> _YOUR ASSIGNMENT_:
Among the records below, find the line that has "(b : Bool) (k x : ℕ)"; from there, give the lines again exactly, and stop after the line that has "let ht : t ≤".

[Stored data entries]
--------------------------------------------------
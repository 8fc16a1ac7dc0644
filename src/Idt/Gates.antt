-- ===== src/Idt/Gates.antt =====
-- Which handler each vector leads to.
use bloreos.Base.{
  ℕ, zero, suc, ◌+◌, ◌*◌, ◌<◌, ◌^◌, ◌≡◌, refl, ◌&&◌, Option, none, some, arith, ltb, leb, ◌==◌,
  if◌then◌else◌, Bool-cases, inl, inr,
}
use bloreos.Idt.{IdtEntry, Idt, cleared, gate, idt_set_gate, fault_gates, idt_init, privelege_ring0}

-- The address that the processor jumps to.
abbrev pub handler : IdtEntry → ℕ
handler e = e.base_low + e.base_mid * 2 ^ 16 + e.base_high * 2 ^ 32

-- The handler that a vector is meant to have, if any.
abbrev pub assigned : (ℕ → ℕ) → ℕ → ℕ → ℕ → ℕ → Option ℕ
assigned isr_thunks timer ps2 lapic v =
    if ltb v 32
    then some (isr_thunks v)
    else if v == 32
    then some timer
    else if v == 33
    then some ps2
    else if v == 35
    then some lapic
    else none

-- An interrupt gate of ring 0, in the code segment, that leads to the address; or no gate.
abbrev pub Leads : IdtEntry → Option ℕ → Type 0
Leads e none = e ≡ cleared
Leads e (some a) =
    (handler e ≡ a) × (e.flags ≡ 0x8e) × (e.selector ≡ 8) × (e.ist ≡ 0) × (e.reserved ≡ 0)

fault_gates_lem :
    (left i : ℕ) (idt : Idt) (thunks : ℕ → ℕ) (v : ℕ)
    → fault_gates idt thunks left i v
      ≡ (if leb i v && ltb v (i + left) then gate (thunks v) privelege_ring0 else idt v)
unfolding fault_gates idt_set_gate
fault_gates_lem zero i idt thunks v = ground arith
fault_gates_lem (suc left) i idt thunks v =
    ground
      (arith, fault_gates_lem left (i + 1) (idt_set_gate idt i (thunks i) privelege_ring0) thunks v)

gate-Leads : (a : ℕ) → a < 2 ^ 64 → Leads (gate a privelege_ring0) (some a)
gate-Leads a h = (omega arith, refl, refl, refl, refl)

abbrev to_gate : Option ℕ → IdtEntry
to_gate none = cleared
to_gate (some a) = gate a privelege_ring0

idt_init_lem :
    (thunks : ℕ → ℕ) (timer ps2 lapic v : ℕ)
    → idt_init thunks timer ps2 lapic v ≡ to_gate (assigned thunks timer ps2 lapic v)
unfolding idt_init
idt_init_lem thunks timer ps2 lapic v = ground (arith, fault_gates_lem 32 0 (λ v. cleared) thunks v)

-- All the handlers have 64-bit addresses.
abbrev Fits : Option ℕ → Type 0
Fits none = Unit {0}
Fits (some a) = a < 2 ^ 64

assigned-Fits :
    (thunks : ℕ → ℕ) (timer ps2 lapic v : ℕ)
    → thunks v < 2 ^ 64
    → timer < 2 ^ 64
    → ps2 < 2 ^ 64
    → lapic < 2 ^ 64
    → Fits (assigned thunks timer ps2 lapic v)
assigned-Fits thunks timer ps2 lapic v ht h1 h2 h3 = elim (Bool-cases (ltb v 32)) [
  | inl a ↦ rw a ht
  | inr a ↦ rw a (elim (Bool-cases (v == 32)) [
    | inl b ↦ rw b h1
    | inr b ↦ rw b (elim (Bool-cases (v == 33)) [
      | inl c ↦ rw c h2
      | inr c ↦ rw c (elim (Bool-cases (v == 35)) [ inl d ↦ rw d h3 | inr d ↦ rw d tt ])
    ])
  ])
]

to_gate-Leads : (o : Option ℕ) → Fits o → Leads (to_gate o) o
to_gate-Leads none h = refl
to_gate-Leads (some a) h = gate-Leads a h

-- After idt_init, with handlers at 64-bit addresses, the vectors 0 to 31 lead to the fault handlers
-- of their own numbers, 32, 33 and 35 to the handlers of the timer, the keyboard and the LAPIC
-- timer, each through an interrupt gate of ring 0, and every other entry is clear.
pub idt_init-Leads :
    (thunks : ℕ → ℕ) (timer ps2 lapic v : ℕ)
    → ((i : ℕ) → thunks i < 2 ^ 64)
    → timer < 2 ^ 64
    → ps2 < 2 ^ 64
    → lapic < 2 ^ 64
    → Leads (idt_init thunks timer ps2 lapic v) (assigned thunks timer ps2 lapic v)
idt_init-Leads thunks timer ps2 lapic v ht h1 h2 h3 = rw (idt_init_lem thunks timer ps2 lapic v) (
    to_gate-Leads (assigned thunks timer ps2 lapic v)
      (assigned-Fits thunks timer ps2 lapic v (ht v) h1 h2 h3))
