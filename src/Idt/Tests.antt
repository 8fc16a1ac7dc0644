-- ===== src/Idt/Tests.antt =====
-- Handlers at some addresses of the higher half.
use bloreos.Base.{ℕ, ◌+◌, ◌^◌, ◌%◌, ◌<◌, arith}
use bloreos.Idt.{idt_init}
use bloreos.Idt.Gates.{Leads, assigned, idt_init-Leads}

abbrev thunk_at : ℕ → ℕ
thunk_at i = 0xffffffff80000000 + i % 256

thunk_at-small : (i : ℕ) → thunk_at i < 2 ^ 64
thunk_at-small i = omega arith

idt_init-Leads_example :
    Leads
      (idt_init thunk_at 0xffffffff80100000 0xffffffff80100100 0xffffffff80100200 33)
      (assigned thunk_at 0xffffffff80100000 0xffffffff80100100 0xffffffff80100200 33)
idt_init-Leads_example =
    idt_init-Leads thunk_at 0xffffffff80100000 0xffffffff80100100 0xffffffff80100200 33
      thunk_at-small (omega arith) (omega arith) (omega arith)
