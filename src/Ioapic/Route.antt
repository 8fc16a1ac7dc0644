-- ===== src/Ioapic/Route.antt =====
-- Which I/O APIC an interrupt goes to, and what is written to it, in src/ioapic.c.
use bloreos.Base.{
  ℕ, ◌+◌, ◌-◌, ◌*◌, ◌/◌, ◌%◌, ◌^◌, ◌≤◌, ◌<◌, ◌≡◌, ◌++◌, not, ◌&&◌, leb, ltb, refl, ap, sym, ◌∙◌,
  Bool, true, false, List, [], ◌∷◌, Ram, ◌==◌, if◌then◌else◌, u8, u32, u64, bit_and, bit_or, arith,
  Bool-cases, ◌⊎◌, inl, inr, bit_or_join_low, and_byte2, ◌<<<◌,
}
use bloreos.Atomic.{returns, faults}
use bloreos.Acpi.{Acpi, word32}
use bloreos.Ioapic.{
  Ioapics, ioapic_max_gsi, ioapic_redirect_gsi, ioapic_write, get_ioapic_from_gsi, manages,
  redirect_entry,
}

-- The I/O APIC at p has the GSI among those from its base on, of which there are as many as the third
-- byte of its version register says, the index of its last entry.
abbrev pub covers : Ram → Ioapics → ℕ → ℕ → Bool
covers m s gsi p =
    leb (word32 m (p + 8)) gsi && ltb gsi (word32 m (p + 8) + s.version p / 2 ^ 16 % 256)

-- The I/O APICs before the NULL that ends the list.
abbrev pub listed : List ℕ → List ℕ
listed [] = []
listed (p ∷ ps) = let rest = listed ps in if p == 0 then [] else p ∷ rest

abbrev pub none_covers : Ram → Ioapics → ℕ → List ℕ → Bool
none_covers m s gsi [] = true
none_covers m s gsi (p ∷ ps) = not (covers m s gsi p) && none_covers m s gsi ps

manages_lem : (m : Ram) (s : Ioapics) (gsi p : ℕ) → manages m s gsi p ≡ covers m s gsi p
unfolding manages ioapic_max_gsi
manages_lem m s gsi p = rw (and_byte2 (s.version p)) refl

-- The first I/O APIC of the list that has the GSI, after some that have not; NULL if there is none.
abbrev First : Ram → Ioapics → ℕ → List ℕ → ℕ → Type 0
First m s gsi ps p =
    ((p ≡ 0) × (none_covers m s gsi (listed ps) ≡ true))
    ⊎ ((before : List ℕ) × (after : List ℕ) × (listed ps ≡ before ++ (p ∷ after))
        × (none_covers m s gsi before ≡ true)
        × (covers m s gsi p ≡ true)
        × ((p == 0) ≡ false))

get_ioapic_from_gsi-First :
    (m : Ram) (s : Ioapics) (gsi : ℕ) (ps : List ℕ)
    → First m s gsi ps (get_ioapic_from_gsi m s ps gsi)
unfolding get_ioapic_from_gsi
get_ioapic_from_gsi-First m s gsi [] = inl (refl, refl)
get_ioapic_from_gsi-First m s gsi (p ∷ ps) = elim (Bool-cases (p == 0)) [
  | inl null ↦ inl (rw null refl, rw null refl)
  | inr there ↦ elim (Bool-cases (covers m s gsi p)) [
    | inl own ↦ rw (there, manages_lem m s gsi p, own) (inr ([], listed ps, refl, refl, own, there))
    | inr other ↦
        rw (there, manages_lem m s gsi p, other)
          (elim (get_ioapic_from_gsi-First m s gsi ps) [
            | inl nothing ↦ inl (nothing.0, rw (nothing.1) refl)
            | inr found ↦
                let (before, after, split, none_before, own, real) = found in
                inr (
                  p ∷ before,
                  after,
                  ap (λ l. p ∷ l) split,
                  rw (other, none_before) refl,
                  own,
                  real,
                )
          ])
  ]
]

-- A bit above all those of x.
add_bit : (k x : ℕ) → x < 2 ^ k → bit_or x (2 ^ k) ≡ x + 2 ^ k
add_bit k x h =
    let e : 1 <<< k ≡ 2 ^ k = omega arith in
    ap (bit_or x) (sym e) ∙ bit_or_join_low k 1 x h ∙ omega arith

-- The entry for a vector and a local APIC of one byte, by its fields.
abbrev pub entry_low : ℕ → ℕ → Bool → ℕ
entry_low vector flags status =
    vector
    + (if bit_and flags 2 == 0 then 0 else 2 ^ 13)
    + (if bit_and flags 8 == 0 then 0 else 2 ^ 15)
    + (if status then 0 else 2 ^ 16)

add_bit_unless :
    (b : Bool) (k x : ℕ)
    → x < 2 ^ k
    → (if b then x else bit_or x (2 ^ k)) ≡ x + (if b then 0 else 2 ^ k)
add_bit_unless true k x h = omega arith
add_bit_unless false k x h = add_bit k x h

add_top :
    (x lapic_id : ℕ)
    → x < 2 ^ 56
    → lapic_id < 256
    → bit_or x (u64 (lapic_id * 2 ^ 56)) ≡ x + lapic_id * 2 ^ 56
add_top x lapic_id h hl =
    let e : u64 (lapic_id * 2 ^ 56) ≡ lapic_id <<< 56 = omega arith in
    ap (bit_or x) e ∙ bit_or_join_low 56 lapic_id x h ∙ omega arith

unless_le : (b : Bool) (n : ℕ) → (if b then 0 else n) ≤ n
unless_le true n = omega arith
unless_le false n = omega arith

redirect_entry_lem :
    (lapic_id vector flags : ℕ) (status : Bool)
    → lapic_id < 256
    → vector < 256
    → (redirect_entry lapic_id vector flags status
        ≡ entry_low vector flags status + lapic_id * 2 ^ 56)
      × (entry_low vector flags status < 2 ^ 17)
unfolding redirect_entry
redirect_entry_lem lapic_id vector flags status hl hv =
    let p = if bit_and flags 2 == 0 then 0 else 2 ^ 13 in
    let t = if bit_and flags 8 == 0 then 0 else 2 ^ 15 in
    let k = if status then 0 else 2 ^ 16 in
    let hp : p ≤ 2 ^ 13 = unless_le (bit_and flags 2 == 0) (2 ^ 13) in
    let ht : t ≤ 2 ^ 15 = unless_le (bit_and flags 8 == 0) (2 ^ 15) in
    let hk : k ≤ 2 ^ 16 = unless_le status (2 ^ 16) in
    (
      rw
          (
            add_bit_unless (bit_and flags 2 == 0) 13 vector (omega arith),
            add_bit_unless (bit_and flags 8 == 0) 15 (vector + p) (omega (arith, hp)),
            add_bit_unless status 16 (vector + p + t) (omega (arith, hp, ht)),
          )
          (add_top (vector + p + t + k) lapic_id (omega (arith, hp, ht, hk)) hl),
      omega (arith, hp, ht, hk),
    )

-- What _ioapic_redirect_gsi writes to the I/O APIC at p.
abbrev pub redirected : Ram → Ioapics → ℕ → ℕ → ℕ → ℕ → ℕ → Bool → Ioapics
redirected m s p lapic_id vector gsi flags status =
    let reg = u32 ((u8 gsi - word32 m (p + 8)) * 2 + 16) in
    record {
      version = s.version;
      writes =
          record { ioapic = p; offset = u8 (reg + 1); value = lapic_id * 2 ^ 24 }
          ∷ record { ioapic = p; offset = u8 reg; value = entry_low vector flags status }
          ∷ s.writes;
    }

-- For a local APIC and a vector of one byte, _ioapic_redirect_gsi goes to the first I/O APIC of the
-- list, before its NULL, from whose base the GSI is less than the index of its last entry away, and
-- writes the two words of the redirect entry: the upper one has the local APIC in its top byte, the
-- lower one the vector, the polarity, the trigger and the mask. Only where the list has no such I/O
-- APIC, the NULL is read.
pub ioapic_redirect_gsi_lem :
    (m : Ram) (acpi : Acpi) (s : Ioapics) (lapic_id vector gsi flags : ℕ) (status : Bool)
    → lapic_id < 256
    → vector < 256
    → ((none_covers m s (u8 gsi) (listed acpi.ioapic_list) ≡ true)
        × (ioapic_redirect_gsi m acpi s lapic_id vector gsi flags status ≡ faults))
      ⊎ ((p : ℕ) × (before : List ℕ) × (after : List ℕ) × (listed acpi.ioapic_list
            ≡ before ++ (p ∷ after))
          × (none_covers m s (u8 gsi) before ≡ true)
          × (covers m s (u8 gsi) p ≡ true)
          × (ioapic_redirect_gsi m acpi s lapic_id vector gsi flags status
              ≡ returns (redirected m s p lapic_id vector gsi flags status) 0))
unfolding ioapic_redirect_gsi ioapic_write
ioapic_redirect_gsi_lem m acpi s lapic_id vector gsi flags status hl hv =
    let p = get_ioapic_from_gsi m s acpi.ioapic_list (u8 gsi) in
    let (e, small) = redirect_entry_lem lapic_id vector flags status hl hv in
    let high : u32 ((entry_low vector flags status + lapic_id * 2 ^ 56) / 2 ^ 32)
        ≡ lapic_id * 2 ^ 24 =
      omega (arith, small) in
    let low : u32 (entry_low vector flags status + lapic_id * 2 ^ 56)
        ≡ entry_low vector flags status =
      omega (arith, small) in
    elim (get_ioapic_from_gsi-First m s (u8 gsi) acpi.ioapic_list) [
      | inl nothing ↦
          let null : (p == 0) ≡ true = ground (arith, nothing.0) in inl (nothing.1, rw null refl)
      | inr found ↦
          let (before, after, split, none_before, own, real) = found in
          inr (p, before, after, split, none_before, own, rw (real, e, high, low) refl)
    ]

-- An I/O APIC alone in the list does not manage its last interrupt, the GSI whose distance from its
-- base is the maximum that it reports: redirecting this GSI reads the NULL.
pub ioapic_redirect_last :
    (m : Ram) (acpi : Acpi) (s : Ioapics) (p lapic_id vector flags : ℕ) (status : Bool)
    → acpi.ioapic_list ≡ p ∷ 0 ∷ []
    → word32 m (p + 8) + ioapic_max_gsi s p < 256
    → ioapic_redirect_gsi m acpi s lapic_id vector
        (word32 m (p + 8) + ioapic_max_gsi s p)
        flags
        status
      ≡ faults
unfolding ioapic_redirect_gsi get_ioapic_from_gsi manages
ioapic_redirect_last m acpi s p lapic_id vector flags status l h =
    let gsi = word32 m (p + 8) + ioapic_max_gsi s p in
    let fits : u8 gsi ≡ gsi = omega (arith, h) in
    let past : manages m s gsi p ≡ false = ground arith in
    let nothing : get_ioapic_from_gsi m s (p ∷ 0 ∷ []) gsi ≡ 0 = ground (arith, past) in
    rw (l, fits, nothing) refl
--------------------------------------------------
> _EXERCISE ANSWER_:
    (b : Bool) (k x : ℕ)
    → x < 2 ^ k
    → (if b then x else bit_or x (2 ^ k)) ≡ x + (if b then 0 else 2 ^ k)
add_bit_unless true k x h = omega arith
add_bit_unless false k x h = add_bit k x h

add_top :
    (x lapic_id : ℕ)
    → x < 2 ^ 56
    → lapic_id < 256
    → bit_or x (u64 (lapic_id * 2 ^ 56)) ≡ x + lapic_id * 2 ^ 56
add_top x lapic_id h hl =
    let e : u64 (lapic_id * 2 ^ 56) ≡ lapic_id <<< 56 = omega arith in
    ap (bit_or x) e ∙ bit_or_join_low 56 lapic_id x h ∙ omega arith

unless_le : (b : Bool) (n : ℕ) → (if b then 0 else n) ≤ n
unless_le true n = omega arith
unless_le false n = omega arith

redirect_entry_lem :
    (lapic_id vector flags : ℕ) (status : Bool)
    → lapic_id < 256
    → vector < 256
    → (redirect_entry lapic_id vector flags status
        ≡ entry_low vector flags status + lapic_id * 2 ^ 56)
      × (entry_low vector flags status < 2 ^ 17)
unfolding redirect_entry
redirect_entry_lem lapic_id vector flags status hl hv =
    let p = if bit_and flags 2 == 0 then 0 else 2 ^ 13 in
    let t = if bit_and flags 8 == 0 then 0 else 2 ^ 15 in
    let k = if status then 0 else 2 ^ 16 in
    let hp : p ≤ 2 ^ 13 = unless_le (bit_and flags 2 == 0) (2 ^ 13) in
    let ht : t ≤ 2 ^ 15 = unless_le (bit_and flags 8 == 0) (2 ^ 15) in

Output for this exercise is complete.